# Showing that there exists a function with a certain property.

I want to prove the following:

$\forall \epsilon > 0: \exists \text{ function }f:\mathbf{R}_{> 0} \rightarrow \mathbf{R}_{> 0}: \forall a,b\in \mathbf{R}_{>0}: a < b: \epsilon \cdot f(b) > f(a).$

$f$ should be continous and strictly monotonous.

My intuition tells me that such a function cannot exist, because basically for any chosen function the numbers $a$ and $b$ can lie so close to each other, that $f$ cannot make their difference be greater than a factor of $\epsilon$.

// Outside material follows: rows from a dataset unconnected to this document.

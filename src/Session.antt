-- ===== src/Session.antt =====
-- ai-console/src/lib/server/wecom-console-session.ts: the session token of an automatic WeCom login, and
-- its cookie. SHA-256, HMAC, base64url, `JSON`, lower-casing and `decodeURIComponent` are the platform's.
pub mod Token
pub mod Cookie
pub mod Verified
pub mod RoundTrip
mod Tests
use ai_base.Common.{ℕ, String, List, Option}
use ai_base.Json.{Json}

pub record Platform : Type 0 where
  -- SHA-256 of the texts, one after the other.
  pub sha256 : List String → List ℕ
  pub hmac : List ℕ → String → List ℕ
  -- `Buffer.from(text, "base64url")` and `toString("base64url")`
  pub decode : String → List ℕ
  pub encode : List ℕ → String
  -- The same over the UTF-8 bytes of a text.
  pub decode_text : String → String
  pub encode_text : String → String
  pub stringify : Json → String
  pub parse : String → Option Json
  pub lower : String → String
  -- `decodeURIComponent`, `none` where it throws.
  pub decode_uri : String → Option String
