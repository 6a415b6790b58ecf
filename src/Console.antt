-- ===== src/Console.antt =====
-- ai-console/src/lib/server/console-identity.ts and ai-console/src/proxy.ts: who makes a request, and
-- which requests the console lets through.
pub mod Claims
pub mod Assertion
pub mod Identity
pub mod Proxy
pub mod Verified
pub mod Claimed
pub mod Authentic
pub mod Admitted
mod Tests
use ai_base.Common.{String, List, Bool, Option, none, some, if◌then◌else◌}
use ai_base.Common.Attempt.{Attempt}
use ai_base.Common.Integers.{ℤ}
use ai_base.Common.{ℕ}
use ai_base.Text.{is_empty}
use ai_base.Session

-- A `ConsoleAuthError` with its HTTP status, or another error.
pub data AuthError : Type 0 where
  auth_error : String → ℕ → AuthError
  other_error : AuthError

-- What `getWeComLinkedPlatformIdentity` gives of a link.
pub record LinkedIdentity : Type 0 where
  pub principal_issuer : String
  pub principal_subject : String
  pub email : String
  pub name : String

-- The platform, the database and the file system.
pub record Outside : Type 0 where
  pub platform : Session.Platform
  -- Whether an ES256 signature of the text verifies under the public key, `false` where it throws.
  pub verifies : String → String → List ℕ → Bool
  -- The least integer that is not below a number that is not an integer, `none` if it is not finite.
  pub ceiling : String → Option ℤ
  -- `readFile`, `none` where it fails.
  pub read_file : String → Option String
  -- `getWeComLinkedPlatformIdentity`: issuer, subject and link.
  pub linked : String → String → String → Attempt AuthError (Option LinkedIdentity)

-- The environment.
pub record Env : Type 0 where
  pub admin_emails : Option String
  pub dev_identity_enabled : Option String
  pub dev_email : Option String
  pub dev_subject : Option String
  pub dev_name : Option String
  pub login_issuer : Option String
  pub mcp_issuer : Option String
  pub public_key_path : Option String
  pub jwt_audience : Option String
  pub jwt_issuer : Option String
  pub session_secret : Option String

-- `headers.get(name)`
abbrev pub Headers : Type 0
Headers = String → Option String

-- `value || fallback` on a text that may be missing.
unfoldable pub text_or : Option String → String → String
text_or none fallback = fallback
text_or (some s) fallback = if is_empty s then fallback else s
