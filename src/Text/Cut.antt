-- ===== src/Text/Cut.antt =====
-- Splitting and cutting at one character, and fixed shapes.
use Prim.Native.Char.{Char, code}
use Prim.Native.String.{[], ◌∷◌}
use ai_base.Common.{
  ℕ, zero, suc, String, List, [], ◌∷◌, Bool, true, false, ◌&&◌, ◌||◌, Option, none, some, ◌==◌, leb,
  if◌then◌else◌,
}
use ai_base.Text.{is_digit, trim, is_empty}

abbrev push_first : Char → List String → List String
push_first c [] = (c ∷ []) ∷ []
push_first c (l ∷ ls) = (c ∷ l) ∷ ls

-- `s.split(separator)`, for a separator of one character.
unfoldable pub split_on : ℕ → String → List String
split_on separator [] = "" ∷ []
split_on separator (c ∷ s) =
    let rest = split_on separator s in if code c == separator then "" ∷ rest else push_first c rest

abbrev push_left : Char → Option (String × String) → Option (String × String)
push_left c none = none
push_left c (some parts) = some (c ∷ parts.0, parts.1)

-- The texts before and after the first such character, `none` where there is none.
unfoldable pub cut_at : ℕ → String → Option (String × String)
cut_at separator [] = none
cut_at separator (c ∷ s) =
    let rest = cut_at separator s in if code c == separator then some ("", s) else push_left c rest

-- `list.split(",").map((item) => item.trim()).filter(Boolean)`
unfoldable pub trimmed_parts : List String → List String
trimmed_parts [] = []
trimmed_parts (s ∷ ss) =
    let rest = trimmed_parts ss in if is_empty (trim s) then rest else trim s ∷ rest

-- `[0-9a-f]` under the flag `i`.
unfoldable pub is_hex : ℕ → Bool
is_hex c = is_digit c || (leb b'a' c && leb c b'f') || (leb b'A' c && leb c b'F')

-- A character of a shape: `h` is a hexadecimal digit, `v` one of `[1-8]`, `r` one of `[89ab]`, any other
-- character itself.
unfoldable pub fits_one : ℕ → ℕ → Bool
fits_one shape c =
    if shape == b'h'
    then is_hex c
    else if shape == b'v'
    then leb b'1' c && leb c b'8'
    else if shape == b'r'
    then c == b'8' || c == b'9' || c == b'a' || c == b'b' || c == b'A' || c == b'B'
    else c == shape

-- A text of a shape, character by character.
unfoldable pub fits : String → String → Bool
fits [] [] = true
fits (d ∷ shape) (c ∷ s) = fits_one (code d) (code c) && fits shape s
fits shape s = false

-- `s.slice(0, n)`, where the first `n` characters are one code unit each.
unfoldable pub take_chars : ℕ → String → String
take_chars zero s = []
take_chars (suc n) [] = []
take_chars (suc n) (c ∷ s) = c ∷ take_chars n s
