-- ===== src/Session/Token.antt =====
-- Issuing and verifying a session token.
use ai_base.Common.{
  ℕ, ◌+◌, String, List, [], ◌∷◌, Bool, true, false, not, ◌&&◌, ◌||◌, Option, none, some, ◌===◌,
  ◌==◌, ◌<>◌, ltb, leb, any, includes, if◌then◌else◌,
}
use ai_base.Common.Results.{Result, ok, thrown}
use ai_base.Common.Throwing.{◌>>=◌}
use ai_base.Common.Integers.{ℤ, pos, negsuc, exceeds, at_most, differ_by}
use ai_base.Text.{trim, text_length, is_empty}
use ai_base.Text.Cut.{split_on, fits}
use ai_base.Json.{Json, Fields, int, negative, str, obj, end, field, get_field, object?, keys}
use ai_base.Session.{Platform}

abbrev pub session_lifetime_seconds : ℕ
session_lifetime_seconds = 43200

abbrev pub session_max_length : ℕ
session_max_length = 4096

abbrev pub session_clock_skew_seconds : ℕ
session_clock_skew_seconds = 30

-- `new WeComConsoleSessionError()`
unfoldable pub invalid_session : {A : Type 0} → Result A
invalid_session = thrown "企业微信自动登录会话无效"

-- `LINK_ID_PATTERN`
unfoldable pub is_link_id : String → Bool
is_link_id s = fits "hhhhhhhh-hhhh-hhhh-hhhh-hhhhhhhhhhhh" s

pub record WeComConsoleSessionClaims : Type 0 where
  pub link_id : String
  pub principal_issuer : String
  pub principal_subject : String
  pub email : String
  pub name : String
  pub issued_at : ℤ
  pub expires_at : ℤ

-- `Number.isInteger(value)`, with the integer.
unfoldable pub integer? : Option Json → Option ℤ
integer? (some (int n)) = some (pos n)
integer? (some (negative n)) = some (negsuc n)
integer? value = none

-- `requiredString(value, maxLength)` where it gives a text, with the untrimmed value.
unfoldable pub required_string : Option Json → ℕ → Option String
required_string (some (str s)) max_length =
    if not (is_empty (trim s)) && leb (text_length s) max_length then some s else none
required_string value max_length = none

abbrev pub allowed_keys : List String
allowed_keys =
    "v" ∷ "iss" ∷ "principal_issuer" ∷ "principal_subject" ∷ "email" ∷ "name" ∷ "wecom_link_id"
    ∷ "iat" ∷ "exp" ∷ []

-- `record.v !== 1 || record.iss !== SESSION_ISSUER`, negated.
unfoldable pub is_session : Option Json → Option Json → Bool
is_session (some (int v)) (some (str iss)) = v == 1 && iss === "ai-base-wecom-link"
is_session v iss = false

unfoldable pub link_of : Option Json → Option String
link_of (some (str s)) = if is_link_id s then some s else none
link_of value = none

-- The claims of the fields that the tests read, `none` where one fails.
unfoldable pub claims_of :
    Option String
    → Option String
    → Option String
    → Option String
    → Option String
    → Option ℤ
    → Option ℤ
    → Option WeComConsoleSessionClaims
claims_of (some issuer) (some subject) (some email) (some name) (some link) (some iat) (some exp) =
    some (record {
      link_id = link;
      principal_issuer = issuer;
      principal_subject = subject;
      email = email;
      name = name;
      issued_at = iat;
      expires_at = exp;
    })
claims_of issuer subject email name link iat exp = none

unfoldable pub read_claims : Fields → Option WeComConsoleSessionClaims
read_claims fields =
    if any (λ key. not (includes allowed_keys key)) (keys fields)
      || not (is_session (get_field fields "v") (get_field fields "iss"))
    then none
    else claims_of (required_string (get_field fields "principal_issuer") 1024)
        (required_string (get_field fields "principal_subject") 1024)
        (required_string (get_field fields "email") 320)
        (required_string (get_field fields "name") 512) (link_of (get_field fields "wecom_link_id"))
        (integer? (get_field fields "iat")) (integer? (get_field fields "exp"))

unfoldable pub parse_payload : Json → Result WeComConsoleSessionClaims
parse_payload value = elim (object? value) [
  | none ↦ invalid_session
  | some fields ↦ elim (read_claims fields) [ none ↦ invalid_session | some claims ↦ ok claims ]
]

-- `timingSafeEqual`, and the comparison of the lengths.
unfoldable pub same_bytes : List ℕ → List ℕ → Bool
same_bytes [] [] = true
same_bytes (x ∷ xs) (y ∷ ys) = x == y && same_bytes xs ys
same_bytes xs ys = false

-- The times of a session, against `now`.
unfoldable pub is_expired : WeComConsoleSessionClaims → ℕ → Bool
is_expired claims now =
    exceeds claims.issued_at (now + session_clock_skew_seconds)
    || at_most claims.expires_at now session_clock_skew_seconds
    || not (differ_by claims.issued_at claims.expires_at session_lifetime_seconds)

-- The check of the times.
unfoldable pub check_times : ℕ → WeComConsoleSessionClaims → Result WeComConsoleSessionClaims
check_times now claims = if is_expired claims now then thrown "企业微信自动登录会话已过期" else ok claims

-- Who a session is issued for.
pub record SessionIdentity : Type 0 where
  pub principal_issuer : String
  pub principal_subject : String
  pub email : String
  pub name : String

module _ (p : Platform) where
  -- `secret` is `AI_CONSOLE_SECRET_ENCRYPTION_KEY`.
  unfoldable pub session_key : Option String → Result (List ℕ)
  session_key none = thrown "企业微信自动登录会话密钥未配置"
  session_key (some secret) =
      if ltb (text_length (trim secret)) 32
      then thrown "企业微信自动登录会话密钥未配置"
      else ok (p.sha256 ("ai-base-wecom-console-session\0" ∷ trim secret ∷ []))

  unfoldable pub session_signature : Option String → String → Result (List ℕ)
  session_signature secret payload = do key ← session_key secret; ok (p.hmac key ("v1." <> payload))

  unfoldable pub session_payload : SessionIdentity → String → ℕ → Json
  session_payload identity link_id now = obj (
      field "v" (int 1) (
        field "iss" (str "ai-base-wecom-link") (
          field "principal_issuer" (str (trim identity.principal_issuer)) (
            field "principal_subject" (str (trim identity.principal_subject)) (
              field "email" (str (p.lower (trim identity.email))) (
                field "name" (str (trim identity.name)) (
                  field "wecom_link_id" (str (trim link_id)) (
                    field "iat" (int now)
                      (field "exp" (int (now + session_lifetime_seconds)) end)))))))))

  unfoldable pub issue_we_com_console_session :
      Option String → SessionIdentity → String → ℕ → Result String
  issue_we_com_console_session secret identity link_id now = do
    checked ← parse_payload (session_payload identity link_id now)
    let encoded = p.encode_text (p.stringify (session_payload identity link_id now))
    signature ← session_signature secret encoded
    ok ("v1" <> ("." <> (encoded <> ("." <> p.encode signature))))

  -- The payload of a token whose signature is right.
  unfoldable pub read_payload : String → Result WeComConsoleSessionClaims
  read_payload encoded = elim (p.parse (p.decode_text encoded)) [
    | none ↦ invalid_session
    | some value ↦ parse_payload value
  ]

  -- From the signature on.
  unfoldable pub verify_signed :
      Option String → String → String → ℕ → Result WeComConsoleSessionClaims
  verify_signed secret encoded signature now = session_signature secret encoded >>= λ expected.
      if same_bytes (p.decode signature) expected
      then (read_payload encoded >>= check_times now)
      else invalid_session

  -- From the split on.
  unfoldable pub verify_parts : Option String → List String → ℕ → Result WeComConsoleSessionClaims
  verify_parts secret (version ∷ encoded ∷ signature ∷ []) now =
      if not (version === "v1") || is_empty encoded || is_empty signature
      then invalid_session
      else verify_signed secret encoded signature now
  verify_parts secret parts now = invalid_session

  unfoldable pub verify_we_com_console_session :
      Option String → String → ℕ → Result WeComConsoleSessionClaims
  verify_we_com_console_session secret token now =
      if is_empty token || ltb session_max_length (text_length token)
      then invalid_session
      else verify_parts secret (split_on b'.' token) now
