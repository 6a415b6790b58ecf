-- ===== src/Session/Cookie.antt =====
-- `readWeComConsoleSessionCookie`.
use ai_base.Common.{String, List, [], ◌∷◌, Option, none, some, ◌===◌, if◌then◌else◌}
use ai_base.Text.{trim, is_empty}
use ai_base.Text.Cut.{split_on, cut_at}
use ai_base.Session.{Platform}

abbrev pub session_cookie : String
session_cookie = "ai_base_wecom_session"

-- The value of the first part with the cookie's name, trimmed.
unfoldable pub find_cookie : List String → Option String
find_cookie [] = none
find_cookie (part ∷ parts) =
    let rest = find_cookie parts in
    elim (cut_at b'=' part) [
      | none ↦ rest
      | some pair ↦ if trim pair.0 === session_cookie then some (trim pair.1) else rest
    ]

unfoldable pub read_we_com_console_session_cookie : Platform → Option String → Option String
read_we_com_console_session_cookie p none = none
read_we_com_console_session_cookie p (some header) = elim (find_cookie (split_on b';' header)) [
  | none ↦ none
  | some value ↦ if is_empty value then none else p.decode_uri value
]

What do you think? Am I right?

Take $\epsilon = 1/2$, and suppose there is a continuous function $f$. Call $f(1) = A, f(2) = B$. So $B > 2A$. Call $B/A = D$, and $\lceil\log_2(D)\rceil + 1 = d$. So in particular, $2^d > B/A$.
Choose $d$ points $x_i$ between $1$ and $2$. Then we have that $f(x_2) > 2f(x_1)$ and $f(x_3) > 2f(x_2)$ and so on, so that $f(2) > 2^d f(1)$, or rather $B > 2^d A$. But this is a contradiction on $d$.
So there is no such function $f$. $\diamondsuit$
You are right. Let $\epsilon=\frac{1}{2}$, and let $f(1)=c\gt 0$. Then $f(2)\gt 2c$. By the same reasoning, $f(1+1/2)\gt 2c$, so $f(2)\gt 4c$. By the same reasoning, $f(1+1/3)\gt 2c$ so $f(1+1/2)\gt 4c$, so $f(2)\gt 8c$. And so on.